Cities in the Arab world are transforming at a rapid pace. More than half of the region’s population already resides in urban areas, and this number is expected to continue to grow in the coming years. In certain countries in the region, regional conflicts and the effects of climate change are exacerbating these trends, resulting in displacement and transnational migration. The effects of these regional challenges are being played out at the city and neighbourhood scale, and it is consequently at the local level that many of these concerns and challenges will need to be addressed.

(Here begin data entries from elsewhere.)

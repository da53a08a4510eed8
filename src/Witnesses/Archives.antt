-- ===== src/Witnesses/Archives.antt =====
-- The theorem on archival plans, at a concrete record.
use teldrive_lab.Prelude.{
  true, false, not, ◌&&◌, ◌||◌, none, some, [], ◌∷◌, ◌≡◌, refl, any_by, is_some, length,
  if◌then◌else◌, or_text,
}
use teldrive_lab.Exec.{ok}
use teldrive_lab.Archive
use teldrive_lab.Text
use teldrive_lab.Safety
use teldrive_lab.Safety.Policy
use teldrive_lab.Safety.Paths
use teldrive_lab.Safety.Paths.{is_protected}
use teldrive_lab.Transfer.{Content, content_at}
use teldrive_lab.Models.{SourceType}
use teldrive_lab.Archive.{
  copy_item, default_archive_policy, ArchiveRecord, ArchiveItem, archive_item, is_local,
}
use teldrive_lab.Archive.Laws.{archive_item_lem}
use teldrive_lab.Witnesses.Boundary.{host}
use teldrive_lab.Witnesses.Transfers.{disk, no_folder, sum_text}

abbrev input : ArchiveRecord
input = record {
  path = "/srv/in";
  file_name = "in";
  size = some 2;
  sha256 = none;
  source_type = SourceType.local;
}

abbrev archived : ArchiveItem
archived = record {
  candidate = record {
    source = "/srv/in";
    destination = "/store/archive/in";
    size = 2;
    sha256 = "1";
    source_type = SourceType.local;
    duplicate_of = none;
  };
  action = copy_item;
  reason = "archive policy approved; explicit authorization required to apply";
}

planned :
    archive_item sum_text host no_folder disk default_archive_policy "/store" [] input ≡ ok archived
unfolding archive_item content_at Archive.destination Archive.known_path Archive.decide
    Policy.same_texts Paths.parse Text.join Text.append Policy.authorize Safety.is_mutating
    Policy.protected_paths Policy.path_text is_protected Paths.protected_roots Paths.protected_state
    Paths.is_within Paths.resolve_path Paths.resolve Paths.configured_paths Text.split Text.has_text
planned = refl

archive_item_lem_example :
    (true && not (is_local SourceType.local) ≡ false)
    × ((c : Content) × (content_at "/srv/in" disk ≡ some c)
        × (archived.candidate.source ≡ "/srv/in")
        × (archived.candidate.size ≡ length c)
        × (archived.candidate.sha256 ≡ (if true then sum_text c else or_text input.sha256 "")))
    × (is_some (content_at "/store/archive/in" disk) || no_folder "/store/archive/in" ≡ false)
    × (any_by (is_protected host) ("/srv/in" ∷ "/store/archive/in" ∷ []) ≡ false)
archive_item_lem_example =
    archive_item_lem sum_text host no_folder disk default_archive_policy "/store" [] input archived
      planned refl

The regional state of the cities reports aims at analysing the state of urbanisation, depicting major regional urban conditions, trends and impacts, and identifying obstacles towards achieving sustainable urban development. They do so through monitoring, analysing and reporting on existing and emerging trends, while explaining the underlying realities faced by urban policy makers. Cognisant of their important role, UN-Habitat has contributed to further expanding the report series in the Arab region in collaboration with the Bahrain Center for Strategic, International and Energy Studies ‘Derasat’ with this second report titled ‘The State of Arab Cities Report 2022: Financing Urban Infrastructure to Achieve the Sustainable Development Goals and the New Urban Agenda’.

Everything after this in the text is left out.